Nearly 70,000 children are adopted in the United States each year, including 8,000 international children and 10,000 children with special emotional or physical needs.

When deciding to adopt, couples should allow themselves time to accept their fertility-related loses before adopting.

The option of adoption should be investigated early in the infertility evaluation, since the process can take several years and some agencies have parental age requirements.

Adoptions may be arranged through an adoption agency or independently. Independent adoptions usually involve an adoption attorney or other intermediary such as a counselor, physician, or minister.

Adoption laws vary significantly from state to state.
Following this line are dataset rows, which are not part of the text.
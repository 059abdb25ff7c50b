-- ===== src/Limiter.antt =====
-- internal/balancer/limiter.go: the sliding window of one minute, for keys and for accounts.
-- A limit of 0 stands for every limit that is not positive; `clock` is `time.Now()`. A hit is inside
-- the window if it is after `now - minute`; the test adds the minute instead.
pub mod Calls
pub mod Remembers
pub mod Window
pub mod Peek
use laskah.Prelude.{
  ℕ, ◌+◌, ◌-◌, Bool, true, false, Option, none, some, List, [], ◌∷◌, ◌++◌, ◌==◌, nat_eq, ltb, leb,
  if◌then◌else◌, keep, length,
}
use laskah.Prelude.Text.{Text, codes, text_eq}
use laskah.Prelude.Maps.{lookup, insert}
use laskah.Prelude.Int.{ℤ, pos, negsuc}
use laskah.Store.Model.{Time, minute}

pub record RateLimiter : Type 0 where
  pub buckets : List (Text × List Time)

unfoldable pub new_rate_limiter : RateLimiter
new_rate_limiter = record { buckets = [] }

pub record Decision : Type 0 where
  pub allowed : Bool
  pub remaining : ℤ
  pub retry_after : ℕ

unfoldable pub live : Time → Time → Bool
live now hit = ltb now (hit + minute)

unfoldable pub hits : Text → RateLimiter → List Time
hits id r = elim (lookup id r.buckets) [ none ↦ [] | some h ↦ h ]

unfoldable pub put_hits : Text → List Time → RateLimiter → RateLimiter
put_hits id kept r = record { buckets = insert id kept r.buckets }

-- `kept[0].Add(time.Minute).Sub(now)`, not below 0; there is a first hit where it is called.
unfoldable pub retry_after : Time → List Time → ℕ
retry_after now [] = 0
retry_after now (first ∷ rest) = first + minute - now

-- The body of `decide` behind its early return, at the time `now`.
unfoldable pub decide_at : Text → ℕ → Time → Bool → RateLimiter → RateLimiter × Decision
unfolding put_hits retry_after
decide_at id limit now record_hit r =
    let kept = keep (live now) (hits id r) in
    if leb limit (length kept)
    then (
      put_hits id kept r,
      record { allowed = false; remaining = pos 0; retry_after = retry_after now kept },
    )
    else if record_hit
    then (
      put_hits id (kept ++ now ∷ []) r,
      record { allowed = true; remaining = pos (limit - (length kept + 1)); retry_after = 0 },
    )
    else (
      put_hits id kept r,
      record { allowed = true; remaining = pos (limit - length kept); retry_after = 0 },
    )

-- A caller that gives no time gets the clock's.
unfoldable pub effective : Time → Time → Time
effective clock now = if now == 0 then clock else now

unfoldable pub decide : Time → Text → ℕ → Time → Bool → RateLimiter → RateLimiter × Decision
decide clock id limit now record_hit r =
    if limit == 0
    then (r, record { allowed = true; remaining = negsuc 0; retry_after = 0 })
    else decide_at id limit (effective clock now) record_hit r

unfoldable pub allow : Time → Text → ℕ → Time → RateLimiter → RateLimiter × Decision
allow clock id limit now = decide clock id limit now true

unfoldable pub peek : Time → Text → ℕ → Time → RateLimiter → RateLimiter × Decision
peek clock id limit now = decide clock id limit now false

unfoldable pub account_bucket : Text → Text
account_bucket account_id = codes "account:" ++ account_id

-- The loop of `Prune`: an empty bucket is deleted.
unfoldable pub prune_buckets : Time → List (Text × List Time) → List (Text × List Time)
prune_buckets now [] = []
prune_buckets now ((id, h) ∷ m) =
    let kept = keep (live now) h in
    if length kept == 0 then prune_buckets now m else (id, kept) ∷ prune_buckets now m

unfoldable pub prune : Time → Time → RateLimiter → RateLimiter
prune clock now r = record { buckets = prune_buckets (effective clock now) r.buckets }
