-- ===== src/Pipeline/Sink.antt =====
-- ceilometer/pipeline.py: what `SampleSink` and `EventSink` do with a batch. A transformer is any
-- object with the methods of `TransformerBase`; a publisher is named by its URL and acts on a world
-- that holds every publisher's state, since two sinks may share a publisher.
pub mod Delivery
pub mod Chain
pub mod Flushes
use stx_ceilometer.Prelude.{
  ℕ, zero, suc, String, Bool, true, false, Option, none, some, List, [], ◌∷◌, Result, ok, raise,
  length, is_empty, cons_some, get_elem?, set, if◌then◌else◌,
}

-- ceilometer/transformer/__init__.py: `TransformerBase`. Each method returns the new object too.
pub record TransformerBase (T S : Type 0) : Type 0 where
  pub handle_sample : T → S → Result (Option S) × T
  pub flush : T → Result (List S) × T

-- `publish_samples` or `publish_events` of the publisher with this URL
abbrev pub Publish : Type 0 → Type 0 → Type 0
Publish D W = String → List D → W → Result (Unit {0}) × W

pub record Sink (T : Type 0) : Type 0 where
  pub name : String
  pub publishers : List String
  pub multi_publish : Bool
  pub transformers : List T

module _ {T S : Type 0} where
  -- One round of the loop of `_transform_sample`, behind the call of `handle_sample`.
  after : Result (Option S) → T → List T → (S → Option S × List T) → Option S × List T
  after (raise e) t ts next = (none, t ∷ ts)
  after (ok none) t ts next = (none, t ∷ ts)
  after (ok (some s)) t ts next = let (out, ts') = next s in (out, t ∷ ts')

module _ {T S : Type 0} (ops : TransformerBase T S) where
  -- The loop of `_transform_sample`: an exception and an empty result both end the sample.
  pub transform : List T → S → Option S × List T
  unfolding after
  transform [] s = (some s, [])
  transform (t ∷ ts) s =
      let (result, t') = ops.handle_sample t s in after result t' ts (transform ts)

  -- `_transform_sample(start, sample)`: `self.transformers[start:]`
  unfoldable pub transform_sample : ℕ → List T → S → Option S × List T
  unfolding transform
  transform_sample zero ts s = transform ts s
  transform_sample (suc n) [] s = (some s, [])
  transform_sample (suc n) (t ∷ ts) s = let (out, ts') = transform_sample n ts s in (out, t ∷ ts')

  -- The loop of `_publish_samples` over the samples.
  unfoldable pub transform_samples : ℕ → List T → List S → List S × List T
  unfolding transform_sample
  transform_samples start ts [] = ([], ts)
  transform_samples start ts (s ∷ ss) =
      let (out, ts') = transform_sample start ts s in
      let (outs, ts'') = transform_samples start ts' ss in (cons_some out outs, ts'')

module _ {D W : Type 0} (publish : Publish D W) where
  -- Every publisher of a sample sink is tried: an exception is logged.
  unfoldable pub publish_to_all : List String → List D → W → W
  publish_to_all [] batch w = w
  publish_to_all (p ∷ ps) batch w = publish_to_all ps batch (publish p batch w).1

  -- The loop of `EventSink.publish_events`: with one publisher an exception is raised again.
  unfoldable pub publish_or_raise : Bool → List String → List D → W → Result (Unit {0}) × W
  publish_or_raise multi [] batch w = (ok tt, w)
  publish_or_raise multi (p ∷ ps) batch w =
      let (result, w') = publish p batch w in
      elim result [
        | ok _ ↦ publish_or_raise multi ps batch w'
        | raise e ↦ elim multi [ true ↦ publish_or_raise multi ps batch w' | false ↦ (raise e, w') ]
      ]

  unfoldable pub publish_events : {T : Type 0} → Sink T → List D → W → Result (Unit {0}) × W
  unfolding publish_or_raise
  publish_events sink events w =
      if is_empty events
      then (ok tt, w)
      else publish_or_raise sink.multi_publish sink.publishers events w

module _ {T S W : Type 0} (ops : TransformerBase T S) (publish : Publish S W) where
  -- `if transformed_samples: for p in self.publishers`
  abbrev publish_batch : List String → List S → W → W
  publish_batch publishers batch w =
      if is_empty batch then w else publish_to_all publish publishers batch w

  -- `_publish_samples(start, samples)`
  unfoldable pub publish_samples_from : ℕ → Sink T → List S → W → Sink T × W
  unfolding transform_samples publish_to_all
  publish_samples_from start sink samples w =
      if is_empty sink.transformers
      then (sink, publish_batch sink.publishers samples w)
      else let (batch, ts) = transform_samples ops start sink.transformers samples in
        (record sink { transformers = ts }, publish_batch sink.publishers batch w)

  unfoldable pub publish_samples : Sink T → List S → W → Sink T × W
  unfolding publish_samples_from
  publish_samples = publish_samples_from 0

  -- `try: self._publish_samples(i + 1, list(transformer.flush()))`
  flush_one : Result (List S) → ℕ → Sink T → W → Sink T × W
  flush_one (raise e) i sink w = (sink, w)
  flush_one (ok samples) i sink w = publish_samples_from (suc i) sink samples w

  -- One round of `SampleSink.flush`. The transformers keep their number, so `none` does not occur.
  flush_at : ℕ → Sink T → W → Sink T × W
  unfolding flush_one
  flush_at i sink w = elim (get_elem? sink.transformers i) [
    | none ↦ (sink, w)
    | some t ↦
        let (result, t') = ops.flush t in
        flush_one result i (record sink { transformers = set sink.transformers i t' }) w
  ]

  -- `for (i, transformer) in enumerate(self.transformers)`, by the rounds left and `i`
  flush_rounds : ℕ → ℕ → Sink T → W → Sink T × W
  unfolding flush_at
  flush_rounds zero i sink w = (sink, w)
  flush_rounds (suc n) i sink w =
      let (sink', w') = flush_at i sink w in flush_rounds n (suc i) sink' w'

  unfoldable pub flush : Sink T → W → Sink T × W
  unfolding flush_rounds publish_samples_from
  flush sink w = flush_rounds (length sink.transformers) 0 sink w
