-- ===== src/Pipeline/Publishers.antt =====
-- ceilometer/pipeline.py: `PublisherManager`, and the publishers that `Sink.__init__` asks it for.
-- `load` stands for `publisher.get_publisher`, which imports the driver of a URL.
pub mod Loaded
use Prim.Native.String.{◌++◌ as concat}
use text.Mathlib.Text.{find?}
use stx_ceilometer.Prelude.{
  String, Bool, true, false, Option, none, some, List, [], ◌∷◌, Result, ok, raise, string_eq,
}
use stx_ceilometer.Prelude.Dict

pub record PublisherManager (P : Type 0) : Type 0 where
  pub loaded : List (String × P)

-- `if '://' not in p: p = p + "://"`
unfoldable pub with_scheme : String → String
with_scheme p = elim (find? p "://") [ some i ↦ p | none ↦ concat p "://" ]

module _ {P : Type 0} (load : String → Result P) where
  store_loaded : PublisherManager P → String → Result P → Result P × PublisherManager P
  store_loaded m url (raise e) = (raise e, m)
  store_loaded m url (ok p) = (ok p, record { loaded = Dict.put m.loaded url p })

  unfoldable pub get : PublisherManager P → String → Result P × PublisherManager P
  unfolding store_loaded
  get m url = elim (Dict.get m.loaded url) [
    | some p ↦ (ok p, m)
    | none ↦ store_loaded m url (load url)
  ]

  -- Keeps the URL of a publisher that could be loaded; an exception is logged.
  keep_loaded : String → Result P → List String → List String
  keep_loaded url (ok p) urls = url ∷ urls
  keep_loaded url (raise e) urls = urls

  -- The loop over `cfg['publishers']`.
  unfoldable pub load_publishers :
      PublisherManager P → List String → List String × PublisherManager P
  unfolding keep_loaded with_scheme get
  load_publishers m [] = ([], m)
  load_publishers m (p ∷ ps) =
      let (result, m') = get m (with_scheme p) in
      let (urls, m'') = load_publishers m' ps in (keep_loaded (with_scheme p) result urls, m'')
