-- ===== src/Pipeline/Config.antt =====
-- ceilometer/pipeline.py: `Sink.__init__`, `_setup_transformers`, `Pipeline.__str__` and
-- `PipelineManager.__init__`. The loaded file is a parameter; so are the drivers of publishers and
-- the plugins of transformers.
pub mod Wiring
pub mod Polls
use Prim.Native.String.{◌++◌ as concat}
use stx_ceilometer.Prelude.{
  ℕ, String, Bool, true, false, Option, none, some, List, [], ◌∷◌, ◌++◌, map, Result, ok, raise,
  ◌>>=◌, ◌>>◌, pipeline_exception, key_error, name_missing, no_publisher, no_transformer_named,
  sources_and_sinks_required, duplicated_source, duplicated_sink, duplicate_pipeline, length,
  is_empty, contains, require, ltb, if◌then◌else◌, ◌==◌, string_eq, option_eq, polling_exception,
  sources_required,
}
use stx_ceilometer.Prelude.Dict
use stx_ceilometer.Pipeline.Source.{
  SourceCfg, PipelineSource, event_source, sample_source, check_sinks, refuse_if, PollingSource,
  polling_source,
}
use stx_ceilometer.Pipeline.Sink.{Sink}
use stx_ceilometer.Pipeline.Publishers.{PublisherManager, load_publishers}

-- A transformer's section: the outer option is a missing key, the inner one a null.
pub record TransformerCfg (Q : Type 0) : Type 0 where
  pub name : Option String
  pub parameters : Option (Option Q)

-- A sink's section; a key that is not there, or is null, is `none`.
pub record SinkCfg (Q : Type 0) : Type 0 where
  pub name : Option String
  pub transformers : Option (List (TransformerCfg Q))
  pub publishers : Option (List String)

pub record Config (Q : Type 0) : Type 0 where
  pub sources : Option (List SourceCfg)
  pub sinks : Option (List (SinkCfg Q))

-- `cfg.get(key) or []`
abbrev pub or_empty : {A : Type 0} → Option (List A) → List A
or_empty none = []
or_empty (some xs) = xs

-- SAMPLE_TYPE and EVENT_TYPE
pub data PipelineType : Type 0 where
  sample event : PipelineType

pub record Pipeline : Type 0 where
  pub source : PipelineSource
  pub sink : String
  pub name : String

-- `str(self)` of a SamplePipeline and of an EventPipeline
unfoldable pub pipeline_name : PipelineType → String → String → String
pipeline_name sample source sink =
    if source == sink then source else concat source (concat ":" sink)
pipeline_name event source sink =
    concat "event:" (if source == sink then source else concat source (concat ":" sink))

unfoldable pub make_source : PipelineType → SourceCfg → Result PipelineSource
make_source sample = sample_source
make_source event = event_source

unfoldable pub make_pipeline : PipelineType → PipelineSource → String → Pipeline
unfolding pipeline_name
make_pipeline kind source sink = record {
  source = source;
  sink = sink;
  name = pipeline_name kind source.name sink;
}

-- `self.pipelines`, the dict of sinks and the publishers that they share.
pub record PipelineManager (P T : Type 0) : Type 0 where
  pub pipelines : List Pipeline
  pub sinks : List (String × Sink T)
  pub publishers : PublisherManager P

-- The loop over `cfg.get('sources')`, with `unique_names`.
unfoldable pub make_sources :
    PipelineType → List (Option String) → List SourceCfg → Result (List PipelineSource)
unfolding make_source
make_sources kind names [] = ok []
make_sources kind names (s ∷ ss) = do
  refuse_if duplicated_source (contains names s.name)
  source ← make_source kind s
  sources ← make_sources kind (names ++ s.name ∷ []) ss
  ok (source ∷ sources)

-- The loop over `source.sinks`, with `unique_names` and the pipelines.
unfoldable pub link_targets :
    PipelineType
    → PipelineSource
    → List String
    → List String
    → List Pipeline
    → Result (List String × List Pipeline)
unfolding make_pipeline
link_targets kind source [] names pipes = ok (names, pipes)
link_targets kind source (target ∷ targets) names pipes = do
  let pipe = make_pipeline kind source target
  refuse_if duplicate_pipeline (contains names pipe.name)
  link_targets kind source targets (names ++ pipe.name ∷ []) (pipes ++ pipe ∷ [])

-- The loop over the sources. After `check_sinks`, `sinks[target]` finds every target.
unfoldable pub link_sources :
    PipelineType
    → List String
    → List PipelineSource
    → List String
    → List Pipeline
    → Result (List String × List Pipeline)
unfolding link_targets check_sinks
link_sources kind known [] names pipes = ok (names, pipes)
link_sources kind known (source ∷ sources) names pipes = do
  check_sinks source known
  (names', pipes') ← link_targets kind source source.sinks names pipes
  link_sources kind known sources names' pipes'

module _ {P Q T : Type 0} (load : String → Result P) (plugin : String → Option (Q → Result T))
    (no_parameters : Q) where
  abbrev parameters_of : Option Q → Q
  parameters_of none = no_parameters
  parameters_of (some q) = q

  -- The look-up of the name stands inside the `try`, whose handler looks it up again.
  unfoldable pub setup_transformers : List (TransformerCfg Q) → Result (List T)
  setup_transformers [] = ok []
  setup_transformers (c ∷ cs) = do
    given ← require key_error c.parameters
    name ← require key_error c.name
    make ← require (pipeline_exception no_transformer_named) (plugin name)
    t ← make (parameters_of given)
    ts ← setup_transformers cs
    ok (t ∷ ts)

  unfoldable pub make_sink : PublisherManager P → SinkCfg Q → Result (Sink T × PublisherManager P)
  unfolding setup_transformers
  make_sink m cfg = do
    name ← require (pipeline_exception name_missing) cfg.name
    refuse_if no_publisher (is_empty (or_empty cfg.publishers))
    let (urls, m') = load_publishers load m (or_empty cfg.publishers)
    ts ← setup_transformers (or_empty cfg.transformers)
    ok (
      record {
        name = name;
        publishers = urls;
        multi_publish = ltb 1 (length urls);
        transformers = ts;
      },
      m',
    )

  -- The loop over `cfg.get('sinks')`, with `unique_names`, the dict `sinks` and the publishers.
  unfoldable pub make_sinks :
      List (Option String)
      → List (String × Sink T)
      → PublisherManager P
      → List (SinkCfg Q)
      → Result (List (String × Sink T) × PublisherManager P)
  unfolding make_sink
  make_sinks names sinks m [] = ok (sinks, m)
  make_sinks names sinks m (s ∷ ss) = do
    refuse_if duplicated_sink (contains names s.name)
    (sink, m') ← make_sink m s
    key ← require key_error s.name
    make_sinks (names ++ s.name ∷ []) (Dict.put sinks key sink) m' ss

  unfoldable pub pipeline_manager : PipelineType → Config Q → Result (PipelineManager P T)
  unfolding make_sources make_sinks link_sources
  pipeline_manager kind cfg = do
    source_cfgs ← require (pipeline_exception sources_and_sinks_required) cfg.sources
    sink_cfgs ← require (pipeline_exception sources_and_sinks_required) cfg.sinks
    sources ← make_sources kind [] source_cfgs
    (sinks, m) ← make_sinks [] [] (record { loaded = [] }) sink_cfgs
    (names, pipes) ← link_sources kind (map (λ entry. entry.0) sinks) sources [] []
    ok (record { pipelines = pipes; sinks = sinks; publishers = m })

unfoldable polling_sources : List SourceCfg → Result (List PollingSource)
polling_sources [] = ok []
polling_sources (s ∷ ss) = do
  source ← polling_source s
  sources ← polling_sources ss
  ok (source ∷ sources)

-- `PollingManager.__init__`: the sources of the polling agent. Their names need not differ.
unfoldable pub polling_manager : Option (List SourceCfg) → Result (List PollingSource)
unfolding polling_sources
polling_manager none = raise (polling_exception sources_required)
polling_manager (some cfgs) = polling_sources cfgs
Adopting between states is possible but more complex.

Although confidential (anonymous) adoptions were once standard, open adoption, in which an exchange of information and contact occurs between the birth and adoptive parents, is steadily gaining acceptance and support.

Keeping adoption a secret from an adopted child is generally not a good idea.

Adoption costs vary widely. Public agency adoptions are often less expensive than private agency or independent adoptions, although private adoptions may take less time.

All adoption fees, along with an explanation of the costs involved, should be obtained in writing prior to proceeding.

Many employers provide parental leave for their employees and adoption should qualify for this benefit.

An Overview of the Adoption Process

1) Form an Adoption Plan

2) Home Study/Parent Preparation

A social worker will visit your home to meet you and your spouse and better assess you as potential adoptive parents (physically, emotionally, and financially). The social worker may also offer guidance in preparing your home for a new child.

3) Identification of an Available Child
Informing family, neighbors, and others in your community that you want to adopt may assist you in your search

4) Placement of Child/Filing Petition for Adoption
When the child is placed in your home, the agency/intermediary assists you in legally filing for adoption with the court.

5) Post-Placement Follow-up
A social worker will visit your home again after the child has been living there for a certain period of time.

6) Final Hearing
After the adoption petition has been filed, a court hearing is held to review your case and grant the final adoption decree.